"The properties of the numbers known today have been mostly discovered by observation, and discovered long before their truth has been confirmed by rigid demonstrations. There are even many properties of the numbers with which we are well acquainted, but which we are not yet able to prove; only observations have led us to their knowledge. Hence we see that in the theory of numbers, which is still very imperfect, we can place our highest hopes in observations." (Leonhard Euler, cca. 1856/57)
"The Mathematics, like language, (of which indeed they may be considered a species,) comprehending under that designation the whole science of number, space, form, time, and motion, as far as it can be expressed in abstract formulas, are evidently not only one of the most useful, but one of the grandest of studies." (Edward Everett, [address] 1857)
"In the Theory of Numbers it happens rather frequently that, by some unexpected luck, the most elegant new truths spring up by induction." (Carl Friedrich Gauss, Werke, 1876)

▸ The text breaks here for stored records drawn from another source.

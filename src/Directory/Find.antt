-- ===== src/Directory/Find.antt =====
-- A name that put_directory_file_entry enters is found by next_inode_in_path.
use uwufs.Base.{
  ℕ, zero, suc, ◌+◌, ◌*◌, ◌^◌, ◌≤◌, ◌<◌, ◌≡◌, ◌≢◌, refl, subst, ap, ap₂, ◌∙◌, inl, inr, Bool, true,
  false, ◌&&◌, Option, none, some, List, length, ltb, ◌==◌, arith, Bool-cases, if◌then◌else◌,
  lt→ltb, ==→eq, not_==→ne,
}
use uwufs.Bytes.{Bytes}
use uwufs.Bytes.Fields.{get-cong}
use uwufs.Machine.{ok}
use uwufs.Layout.{entry_inode_num}
use uwufs.Directory.{c_bytes, same_text, entry_name, put_directory_file_entry}
use uwufs.Directory.Text.{
  IsText, Holds, c_str-Holds, Holds-shift, Holds-c_bytes, same_text_self, c_str-cong,
}
use uwufs.Directory.Entries.{IsFilled, IsPut, put_directory_file_entry-IsPut}
use uwufs.Directory.Lookup.{matches, search_entries}

if-none :
    {A : Type 0} (b : Bool) (x : A) (o : Option A)
    → (if b then some x else o) ≡ none
    → (b ≡ false) × (o ≡ none)
if-none true x o h = absurd (cc)
if-none false x o h = (refl, h)

module _ (blk blk' name : Bytes) (num i : ℕ) (f : IsFilled blk name num i blk') (s : List ℕ) where
  -- The other entries match what they matched before.
  matches-other : (j : ℕ) → i ≢ j → matches blk' s j ≡ matches blk s j
  matches-other j ne =
      ap₂ (λ n t. ltb 0 n && ltb 0 (length s) && same_text t s)
        (get-cong 8 blk' blk (256 * j + 248) (λ p ge lt. f.others p (omega arith)))
        (c_str-cong 248 blk' blk (256 * j) (λ p ge lt. f.others p (omega arith)))

  module _ (hit : matches blk' s i ≡ true) where
    search_entries-hit :
        (left j : ℕ)
        → j ≤ i
        → i < j + left
        → search_entries left j blk s ≡ none
        → search_entries left j blk' s ≡ some num
    unfolding search_entries
    search_entries-hit zero j ge lt miss = absurd (omega arith)
    search_entries-hit (suc left) j ge lt miss =
        let missed =
          if-none (matches blk s j) (entry_inode_num blk j) (search_entries left (j + 1) blk s)
            miss in
        elim (Bool-cases (i == j)) [
          | inl e ↦
              subst (λ k. search_entries (suc left) k blk' s ≡ some num) (==→eq i j e)
                (rw hit (ap some f.number))
          | inr e ↦
              let ne : i ≢ j = not_==→ne i j e in
              rw (matches-other j ne, missed.0)
                (search_entries-hit left (j + 1) (omega arith) (omega arith) missed.1)
        ]

  -- The name of the filled entry, if the buffer holds it.
  pub name-IsFilled : IsText s → length s < 248 → Holds name 0 s → entry_name blk' i ≡ s
  name-IsFilled t short holds = c_str-Holds 248 blk' (256 * i) s t short (
      Holds-shift 247 blk' name (256 * i) 0 s (λ k lt. f.text k lt ∙ ap name (omega arith)) f.nul
        (omega arith) holds)

  hit-IsFilled :
      IsText s → 0 < length s → length s < 248 → 0 < num → Holds name 0 s → matches blk' s i ≡ true
  hit-IsFilled t long short pos holds = rw (
    f.number,
    lt→ltb 0 num pos,
    lt→ltb 0 (length s) long,
    name-IsFilled t short holds,
    same_text_self s,
  )

-- Where no entry of the block has the name, entering the name with a number other than 0 makes the
-- search of the block return the number.
pub search_entries-put_directory_file_entry :
    (blk blk' buf : Bytes) (num : ℕ) (s : List ℕ)
    → IsText s
    → 0 < length s
    → length s < 248
    → 0 < num
    → num < 2 ^ 64
    → search_entries 16 0 blk s ≡ none
    → put_directory_file_entry blk (c_bytes buf s) num ≡ ok blk'
    → search_entries 16 0 blk' s ≡ some num
search_entries-put_directory_file_entry blk blk' buf num s t long short pos small miss put =
    let (i, first, f) =
      subst (IsPut blk (c_bytes buf s) num) put
        (put_directory_file_entry-IsPut blk (c_bytes buf s) num small) in
    search_entries-hit blk blk' (c_bytes buf s) num i f s
      (hit-IsFilled blk blk' (c_bytes buf s) num i f s t long short pos (Holds-c_bytes buf s)) 16 0
      (omega arith) (omega (arith, first.1)) miss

"The concept of power, which includes as a special case the concept of whole number, that foundation of the theory of number, and which ought to be considered as the most general genuine origin of sets [Moment bei Mannigfaltigkeiten], is by no means restricted to linear point sets, but can be regarded as an attribute of any well-defined collection, whatever may be the character of its elements. [...] Set theory in the conception used here, if we only consider mathematics for now and forget other applications, includes the areas of arithmetic, function theory and geometry. It contains them in terms of the concept of power and brings them all together in a higher unity. Discontinuity and continuity are similarly considered from the same point of view and are thus measured with the same measure." (Georg Cantor, "Ober unendliche, lineare Punktmannichfaltigkeiten", 1879)
"In science nothing capable of proof ought to be accepted without proof. Though this demand seems so reasonable yet I cannot regard it as having been met even in […] that part of logic which deals with the theory of numbers. In speaking of arithmetic (algebra, analysis) as a part of logic I mean to imply that I consider the number concept entirely independent of the notions of intuition of space and time, that I consider it an immediate result from the laws of thought." (Richard Dedekind, "Was sind und was sollen die Zahlen?", 1888)

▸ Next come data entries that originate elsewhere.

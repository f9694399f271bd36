-- ===== src/Directory/Remove.antt =====
-- __remove_entry_from_dir_data_blk of src/uwufs/file_operations.c.
pub mod Moves
use uwufs.Base.{ℕ, zero, suc, ◌+◌, ◌*◌, ◌&&◌, Option, none, some, List, ◌==◌, if◌then◌else◌}
use uwufs.Bytes.{Bytes, zeros, blit}
use uwufs.Machine.{Res, ok, fail, enoent}
use uwufs.Layout.{file_entries_per_blk, entry_inode_num}
use uwufs.Directory.{same_text, entry_name}

-- The `for` over the entries, with `left` to go: the entry with the name and the inode number.
unfoldable pub entry_from : (left i : ℕ) → Bytes → List ℕ → ℕ → Option ℕ
entry_from zero i blk name num = none
entry_from (suc left) i blk name num =
    let rest = entry_from left (i + 1) blk name num in
    if (entry_inode_num blk i == num) && same_text (entry_name blk i) name then some i else rest

-- memcpy and memset of a whole entry
abbrev pub copy_entry : Bytes → ℕ → Bytes → ℕ → Bytes
copy_entry dst i src j = blit dst (256 * i) src (256 * j) 256

abbrev pub clear_file_entry : Bytes → ℕ → Bytes
clear_file_entry blk i = blit blk (256 * i) zeros 0 256

-- The last entry of the directory moves to the place that gets free. `last_blk` is the last data
-- block, or `none` where that is the block itself.
move_last : Option ℕ → Bytes → Option Bytes → ℕ → Res (Bytes × Option Bytes)
move_last none blk last last_index = fail enoent
move_last (some i) blk none last_index =
    if i == last_index
    then ok (clear_file_entry blk i, none)
    else ok (clear_file_entry (copy_entry blk i blk last_index) last_index, none)
move_last (some i) blk (some last_blk) last_index =
    ok (copy_entry blk i last_blk last_index, some (clear_file_entry last_blk last_index))

-- The two blocks after the removal. The C function returns `last_index`, which its caller knows.
unfoldable pub remove_entry_from_dir_data_blk :
    (dir_data_blk : Bytes) (last_dir_data_blk : Option Bytes) (last_file_entry_index : ℕ)
    → (name : List ℕ) (file_inode_num : ℕ) → Res (Bytes × Option Bytes)
unfolding entry_from move_last
remove_entry_from_dir_data_blk blk last last_index name num =
    move_last (entry_from file_entries_per_blk 0 blk name num) blk last last_index
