-- ===== src/Proc/ExitLaws.antt =====
-- The end of a process: its children pass to `init`, it is a zombie, and its parent is awake. The
-- end of a thread that is not the last.
use assignment.Prelude.{
  ℕ, zero, suc, ◌+◌, ◌<◌, ◌≡◌, ◌≢◌, refl, ◌∙◌, ap, true, false, List, [], ◌∷◌, Option, none, some,
  arith, ◌==◌, get_elem?, modify, get_elem?-modify, get_elem?-modify_inv, length, length-modify,
  get_elem?-lt, count_if, count_if-modify, Option-cases, Bool-cases, inl, inr, dec_lt, ◌⊎◌,
}
use assignment.Kernel.{Kernel, Proc, zombie, runnable, ◌==state◌, Chan, to_chan, same_ptr}
use assignment.Env.{Env}
use assignment.Proc.Table.{wakeup1, sleeps_on}
use assignment.Proc.TableLaws.{get_elem?-wakeup1}
use assignment.Proc.Exit.{
  pass_on, pass_children, ended, leave, wake_joiners, threads_counter, is_thread_of, kthread_exit,
}

-- An entry whose parent is not `cur`.
abbrev Unrelated : ℕ → Option Proc → Type 0
Unrelated cur none = Unit
Unrelated cur (some p) = same_ptr p.parent (some cur) ≡ false

wakeup1-Unrelated :
    (cur : ℕ) (chan : Chan) (ps : List Proc) (j : ℕ)
    → Unrelated cur (get_elem? ps j)
    → Unrelated cur (get_elem? (wakeup1 chan ps) j)
wakeup1-Unrelated cur chan ps j h = ground (arith, h, get_elem?-wakeup1 chan ps j)

module _ (cur : ℕ) (init : Option ℕ) (elsewhere : same_ptr init (some cur) ≡ false) where
  -- One turn settles the entry `i`, and unsettles no other.
  pass_on-Unrelated :
      (i j : ℕ) (ps : List Proc)
      → Unrelated cur (get_elem? ps j) ⊎ (i ≡ j)
      → Unrelated cur (get_elem? (pass_on cur init i ps) j)
  unfolding pass_on
  pass_on-Unrelated i j ps h = elim (Option-cases (get_elem? ps i)) [
    | inl e ↦ ground (arith, e, h)
    | inr (p, e) ↦ elim (Bool-cases (same_ptr p.parent (some cur))) [
      | inl child ↦ elim (Bool-cases (p.state ==state zombie)) [
        | inl z ↦ rw (e, pass_on) (rw (child, z) (wakeup1-Unrelated cur (to_chan init) _ j changed))
        | inr z ↦ rw (e, pass_on) (rw (child, z) changed)
      ]
      | inr foreign ↦ ground (arith, e, foreign, h)
    ]
  ]
    where
      changed : Unrelated cur (get_elem? (modify ps i (λ p. record p { parent = init })) j)
      changed =
          ground (arith, h, elsewhere, get_elem?-modify ps i j (λ p. record p { parent = init }))

  -- After the loop over the entries from `i` to `i + n`, none of those below `i + n` is a child.
  pass_children-Unrelated :
      (n i j : ℕ) (ps : List Proc)
      → ((j : ℕ) → j < i → Unrelated cur (get_elem? ps j))
      → j < i + n
      → Unrelated cur (get_elem? (pass_children n cur init i ps) j)
  unfolding pass_children
  pass_children-Unrelated zero i j ps h lt = h j (omega arith)
  pass_children-Unrelated (suc n) i j ps h lt =
      pass_children-Unrelated n (i + 1) j (pass_on cur init i ps)
        (λ l ll.
          pass_on-Unrelated i l ps
            (elim (dec_lt l i) [ yes old ↦ inl (h l old) | no new ↦ inr (omega arith) ]))
        (omega arith)

length-wakeup1 : (chan : Chan) (ps : List Proc) → length (wakeup1 chan ps) ≡ length ps
unfolding wakeup1
length-wakeup1 chan [] = refl
length-wakeup1 chan (p ∷ ps) = ap suc (length-wakeup1 chan ps)

length-pass_on :
    (cur : ℕ) (init : Option ℕ) (i : ℕ) (ps : List Proc)
    → length (pass_on cur init i ps) ≡ length ps
unfolding pass_on
length-pass_on cur init i ps =
    let f : Proc → Proc = λ p. record p { parent = init } in
    ground (arith, length-modify ps i f, length-wakeup1 (to_chan init) (modify ps i f))

length-pass_children :
    (n cur : ℕ) (init : Option ℕ) (i : ℕ) (ps : List Proc)
    → length (pass_children n cur init i ps) ≡ length ps
unfolding pass_children
length-pass_children zero cur init i ps = refl
length-pass_children (suc n) cur init i ps =
    length-pass_children n cur init (i + 1) (pass_on cur init i ps) ∙ length-pass_on cur init i ps

-- What `New_exit` does under `ptable.lock`: after it the process is a zombie, and no entry of the
-- table has it as its parent, if `init` is another process.
pub leave_orphans :
    (cur : ℕ) (parent : Option ℕ) (k : Kernel)
    → same_ptr k.initproc (some cur) ≡ false
    → length k.procs ≡ 64
    → (j : ℕ) (p : Proc) → get_elem? (leave cur parent k).procs j ≡ some p
    → (same_ptr p.parent (some cur) ≡ false) × (cur ≡ j → p.state ≡ zombie)
unfolding leave
leave_orphans cur parent k elsewhere full j p e =
    let before = pass_children 64 cur k.initproc 0 (wakeup1 (to_chan parent) k.procs) in
    let r = get_elem?-modify_inv before cur j ended p e in
    let inside : j < 64 = omega (
      arith,
      get_elem?-lt before j r.1,
      length-pass_children 64 cur k.initproc 0 (wakeup1 (to_chan parent) k.procs),
      length-wakeup1 (to_chan parent) k.procs,
      full,
    ) in
    let clear =
      pass_children-Unrelated cur k.initproc elsewhere 64 0 j (wakeup1 (to_chan parent) k.procs)
        (λ l lt. absurd (omega arith)) inside in
    let clear' : same_ptr r.0.parent (some cur) ≡ false = ground (arith, clear, r.1) in
    (ground (arith, r.2, clear'), λ same. ground (arith, r.2, same))

wakeup1-threads :
    (pid : ℕ) (chan : Chan) (ps : List Proc)
    → count_if (is_thread_of pid) (wakeup1 chan ps) ≡ count_if (is_thread_of pid) ps
unfolding wakeup1
wakeup1-threads pid chan [] = refl
wakeup1-threads pid chan (p ∷ ps) = ground (arith, wakeup1-threads pid chan ps)

wake_joiners-threads :
    (pid : ℕ) (ts : List (Option ℕ)) (ps : List Proc)
    → count_if (is_thread_of pid) (wake_joiners ts ps) ≡ count_if (is_thread_of pid) ps
unfolding wake_joiners
wake_joiners-threads pid [] ps = refl
wake_joiners-threads pid (none ∷ ts) ps = wake_joiners-threads pid ts ps
wake_joiners-threads pid (some i ∷ ts) ps =
    wake_joiners-threads pid ts _ ∙ wakeup1-threads pid (to_chan (some i)) ps

-- The entry `j` is a live thread of the process.
abbrev LiveAt : ℕ → ℕ → List Proc → Type 0
LiveAt pid j ps = (p : Proc) × (get_elem? ps j ≡ some p) × (is_thread_of pid p ≡ true)

wakeup1-slot :
    (pid j : ℕ) (chan : Chan) (ps : List Proc) → LiveAt pid j ps → LiveAt pid j (wakeup1 chan ps)
wakeup1-slot pid j chan ps (p, at, live) = elim (Bool-cases (sleeps_on chan p)) [
  | inl s ↦ (
    record p { state = runnable },
    get_elem?-wakeup1 chan ps j ∙ rw (at, s) refl,
    ground (arith, live, s),
  )
  | inr s ↦ (p, get_elem?-wakeup1 chan ps j ∙ rw (at, s) refl, live)
]

wake_joiners-slot :
    (pid j : ℕ) (ts : List (Option ℕ)) (ps : List Proc)
    → LiveAt pid j ps
    → LiveAt pid j (wake_joiners ts ps)
unfolding wake_joiners
wake_joiners-slot pid j [] ps h = h
wake_joiners-slot pid j (none ∷ ts) ps h = wake_joiners-slot pid j ts ps h
wake_joiners-slot pid j (some i ∷ ts) ps h =
    wake_joiners-slot pid j ts (wakeup1 (to_chan (some i)) ps)
      (wakeup1-slot pid j (to_chan (some i)) ps h)

-- A thread that ends while others of its process live becomes a zombie: the process has one thread
-- fewer, and no file is closed and no memory given back.
pub kthread_exit_one :
    (env : Env) (cur : ℕ) (k : Kernel) (proc : Proc)
    → same_ptr k.initproc (some cur) ≡ false
    → get_elem? k.procs cur ≡ some proc
    → is_thread_of proc.pid proc ≡ true
    → threads_counter proc.pid k.procs ≢ 1
    → (k' : Kernel) × (kthread_exit env cur k ≡ some k')
      × (threads_counter proc.pid k'.procs + 1 ≡ threads_counter proc.pid k.procs)
      × (k'.files ≡ k.files)
      × (k'.freelist ≡ k.freelist)
unfolding kthread_exit threads_counter
kthread_exit_one env cur k proc other at live more =
    let woken = wake_joiners proc.sleeping_threads k.procs in
    let same = wake_joiners-threads proc.pid proc.sleeping_threads k.procs in
    let slot = wake_joiners-slot proc.pid cur proc.sleeping_threads k.procs (proc, at, live) in
    (
      record k { procs = modify woken cur ended },
      rw (other, at, kthread_exit) (rw (ne same) refl),
      ground (
        arith,
        same,
        slot.2,
        count_if-modify (is_thread_of proc.pid) woken cur ended slot.0 slot.1,
      ),
      refl,
      refl,
    )
  where
    ne :
        count_if (is_thread_of proc.pid) (wake_joiners proc.sleeping_threads k.procs)
          ≡ count_if (is_thread_of proc.pid) k.procs
        → (threads_counter proc.pid (wake_joiners proc.sleeping_threads k.procs) == 1) ≡ false
    ne same = ground (arith, more, same)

"As Gauss first pointed out, the problem of cyclotomy, or division of the circle into a number of equal parts, depends in a very remarkable way upon arithmetical considerations. We have here the earliest and simplest example of those relations of the theory of numbers to transcendental analysis, and even to pure geometry, which so often unexpectedly present themselves, and which, at first sight, are so mysterious." (George B Mathews, "Theory of Numbers", 1892)

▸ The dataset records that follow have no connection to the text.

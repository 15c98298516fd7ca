-- ===== src/Proc/Fork.antt =====
-- `fork` and `kthread_create`, by the process in the entry `cur`.
use assignment.Prelude.{
  ℕ, ◌+◌, ◌%◌, ◌^◌, List, [], ◌∷◌, Option, none, some, ℤ, pos, minus_one, ◌==◌, ltb, if◌then◌else◌,
  get_elem?, modify, replicate, length,
}
use assignment.Kernel.{Kernel, Proc, File, unused, runnable}
use assignment.Kalloc.{kfree}
use assignment.CString.{safestrcpy}
use assignment.File.{filedup}
use assignment.Env.{Env}
use assignment.Proc.Table.{allocproc}

-- `np->ofile[i] = filedup(proc->ofile[i])` for the files that the parent has open.
unfoldable pub dup_files :
    List (Option ℕ) → List (Option ℕ) → List File → Option (List (Option ℕ) × List File)
dup_files [] ofile files = some (ofile, files)
dup_files (f ∷ fs) [] files = none
dup_files (none ∷ fs) (o ∷ ofile) files = elim (dup_files fs ofile files) [
  | none ↦ none
  | some (ofile', files') ↦ some (o ∷ ofile', files')
]
dup_files (some f ∷ fs) (o ∷ ofile) files = elim (filedup f files) [
  | none ↦ none
  | some files1 ↦ elim (dup_files fs ofile files1) [
    | none ↦ none
    | some (ofile', files') ↦ some (some f ∷ ofile', files')
  ]
]

-- The same loop in `kthread_create`, which copies the pointers alone.
unfoldable pub share_files : List (Option ℕ) → List (Option ℕ) → Option (List (Option ℕ))
share_files [] ofile = some ofile
share_files (f ∷ fs) [] = none
share_files (f ∷ fs) (o ∷ ofile) = elim (share_files fs ofile) [
  | none ↦ none
  | some ofile' ↦ some (elim f [ none ↦ o | some i ↦ some i ] ∷ ofile')
]

-- `idup(ip)`: one more reference to the inode.
unfoldable pub idup : Option ℕ → List ℕ → Option (List ℕ)
idup none refs = none
idup (some ip) refs = if ltb ip (length refs) then some (modify refs ip (λ r. r + 1)) else none

-- The way out when `copyuvm` fails: the stack is freed and the entry is given back.
unfoldable pub undo_alloc : ℕ → ℕ → Kernel → Option (ℤ × Kernel)
undo_alloc np kstack k = elim (kfree k.kernel_end kstack k.freelist) [
  | none ↦ none
  | some freelist ↦ some (
    minus_one,
    record k {
      freelist = freelist;
      procs = modify k.procs np (λ p. record p { kstack = 0; state = unused });
    },
  )
]

abbrev pub no_sleepers : List (Option ℕ)
no_sleepers = replicate 64 none

-- The entry of a forked child, from the entry that was allocated and the parent's.
abbrev pub forked : ℕ → ℕ → List (Option ℕ) → List ℕ → Proc → Proc → Proc
forked cur pgdir ofile name parent np = record np {
  thread_id = minus_one;
  pgdir = pgdir;
  sz = parent.sz;
  parent = some cur;
  tf = record (parent.tf) { eax = 0 };
  ofile = ofile;
  cwd = parent.cwd;
  state = runnable;
  name = name;
  sleeping_threads = no_sleepers;
}

-- The rest of `fork` once the entry `i` and the copied memory are there.
unfoldable pub fork_into : ℕ → ℕ → Proc → Proc → ℕ → Kernel → Option (ℤ × Kernel)
fork_into cur i np proc pgdir k = elim (dup_files proc.ofile np.ofile k.files) [
  | none ↦ none
  | some (ofile, files) ↦ elim (idup proc.cwd k.inode_refs) [
    | none ↦ none
    | some refs ↦ elim (safestrcpy np.name proc.name 16) [
      | none ↦ none
      | some name ↦ some (
        pos np.pid,
        record k {
          files = files;
          inode_refs = refs;
          procs = modify k.procs i (forked cur pgdir ofile name proc);
        },
      )
    ]
  ]
]

-- The rest of `fork` with what `copyuvm` returned and left of the free pages.
unfoldable pub fork_copied : ℕ → ℕ → Proc → Proc → Kernel → ℕ × List ℕ → Option (ℤ × Kernel)
fork_copied cur i np proc k (pgdir, freelist) =
    let k' : Kernel = record k { freelist = freelist } in
    let marked : Kernel = record k' {
      procs = modify k'.procs i (λ p. record p { thread_id = minus_one; pgdir = pgdir });
    } in
    if pgdir == 0 then undo_alloc i np.kstack marked else fork_into cur i np proc pgdir k'

-- `fork` from the call of `copyuvm` on, with the entry `i` allocated.
unfoldable pub fork_at : Env → ℕ → ℕ → Proc → Proc → Kernel → Option (ℤ × Kernel)
fork_at env cur i np proc k =
    fork_copied cur i np proc k (env.copyuvm proc.pgdir proc.sz k.freelist)

-- What follows `allocproc`: with an entry, the caller's and the new one are read.
unfoldable pub entered :
    ℕ → (ℕ → Proc → Proc → Kernel → Option (ℤ × Kernel)) → Option ℕ × Kernel → Option (ℤ × Kernel)
entered cur go (none, k) = some (minus_one, k)
entered cur go (some i, k) = elim (get_elem? k.procs cur) [
  | none ↦ none
  | some proc ↦ elim (get_elem? k.procs i) [ none ↦ none | some np ↦ go i np proc k ]
]

-- The start that `fork` and `kthread_create` share.
unfoldable pub with_entry :
    ℕ → (ℕ → Proc → Proc → Kernel → Option (ℤ × Kernel)) → Kernel → Option (ℤ × Kernel)
with_entry cur go k = entered cur go (allocproc k)

-- `fork`: the pid of the child, or -1.
unfoldable pub fork : Env → ℕ → Kernel → Option (ℤ × Kernel)
fork env cur = with_entry cur (fork_at env cur)

-- "thread" and its zero, from a buffer that ends there.
abbrev pub thread_name : List ℕ
thread_name = b't' ∷ b'h' ∷ b'r' ∷ b'e' ∷ b'a' ∷ b'd' ∷ 0 ∷ []

-- The entry of a new thread. The trap frame enters `start_func` on top of the given stack.
abbrev pub threaded : ℕ → ℕ → ℕ → List (Option ℕ) → List ℕ → Proc → Proc → Proc
threaded tid start_func esp ofile name proc np = record np {
  thread_id = pos tid;
  pid = proc.pid;
  pgdir = proc.pgdir;
  sz = proc.sz;
  parent = proc.parent;
  tf = record (proc.tf) { eax = 0; eip = start_func; esp = esp };
  ofile = ofile;
  cwd = proc.cwd;
  state = runnable;
  name = name;
  sleeping_threads = no_sleepers;
}

unfoldable pub thread_into : ℕ → ℕ → ℕ → Proc → Proc → Kernel → Option (ℤ × Kernel)
thread_into i start_func esp np proc k = elim (share_files proc.ofile np.ofile) [
  | none ↦ none
  | some ofile ↦ elim (safestrcpy np.name thread_name 16) [
    | none ↦ none
    | some name ↦ some (
      pos proc.pid,
      record k {
        next_thread = k.next_thread + 1;
        procs = modify k.procs i (threaded (k.next_thread + 1) start_func esp ofile name proc);
      },
    )
  ]
]

-- The rest of `kthread_create` with what `copyuvm` returned and left of the free pages. The memory
-- that it made is dropped for that of the process.
unfoldable pub create_copied : ℕ → ℕ → ℕ → Proc → Proc → Kernel → ℕ × List ℕ → Option (ℤ × Kernel)
create_copied start_func esp i np proc k (pgdir, freelist) =
    let k' : Kernel = record k { freelist = freelist } in
    let cleared : Kernel = record k' {
      procs = modify k'.procs i (λ p. record p { sleeping_threads = no_sleepers; pgdir = pgdir });
    } in
    if pgdir == 0 then undo_alloc i np.kstack cleared else thread_into i start_func esp np proc k'

-- `kthread_create` from the call of `copyuvm` on, with the entry `i` allocated.
unfoldable pub create_at : Env → ℕ → ℕ → ℕ → ℕ → Proc → Proc → Kernel → Option (ℤ × Kernel)
create_at env start_func stack stack_size i np proc k =
    create_copied start_func ((stack + stack_size) % 2 ^ 32) i np proc k
      (env.copyuvm proc.pgdir proc.sz k.freelist)

-- `kthread_create`: the pid of the process, or -1.
unfoldable pub kthread_create : Env → ℕ → ℕ → ℕ → ℕ → Kernel → Option (ℤ × Kernel)
kthread_create env start_func stack stack_size cur =
    with_entry cur (create_at env start_func stack stack_size)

"Strictly speaking, the theory of numbers has nothing to do with negative, or fractional, or irrational quantities, as such. No theorem which cannot be expressed without reference to these notions is purely arithmetical: and no proof of an arithmetical theorem, can be considered finally satisfactory if it intrinsically depends upon extraneous analytical theories." (George B Mathews, "Theory of Numbers", 1892)
"The combinatory analysis in my opinion holds the ground between the theory of numbers and algebra, and is the proper passage between the realms of discontinuous and continuous quantity. It would appear advisable [...] to consider the theory of partitions an important part of combinatory analysis." (Percy A MacMahon, "Combinatory Analysis: A Review of the Present State of Knowledge", Proceedings of the London Mathematical Society Vol. s1-28 No. 1, 1896)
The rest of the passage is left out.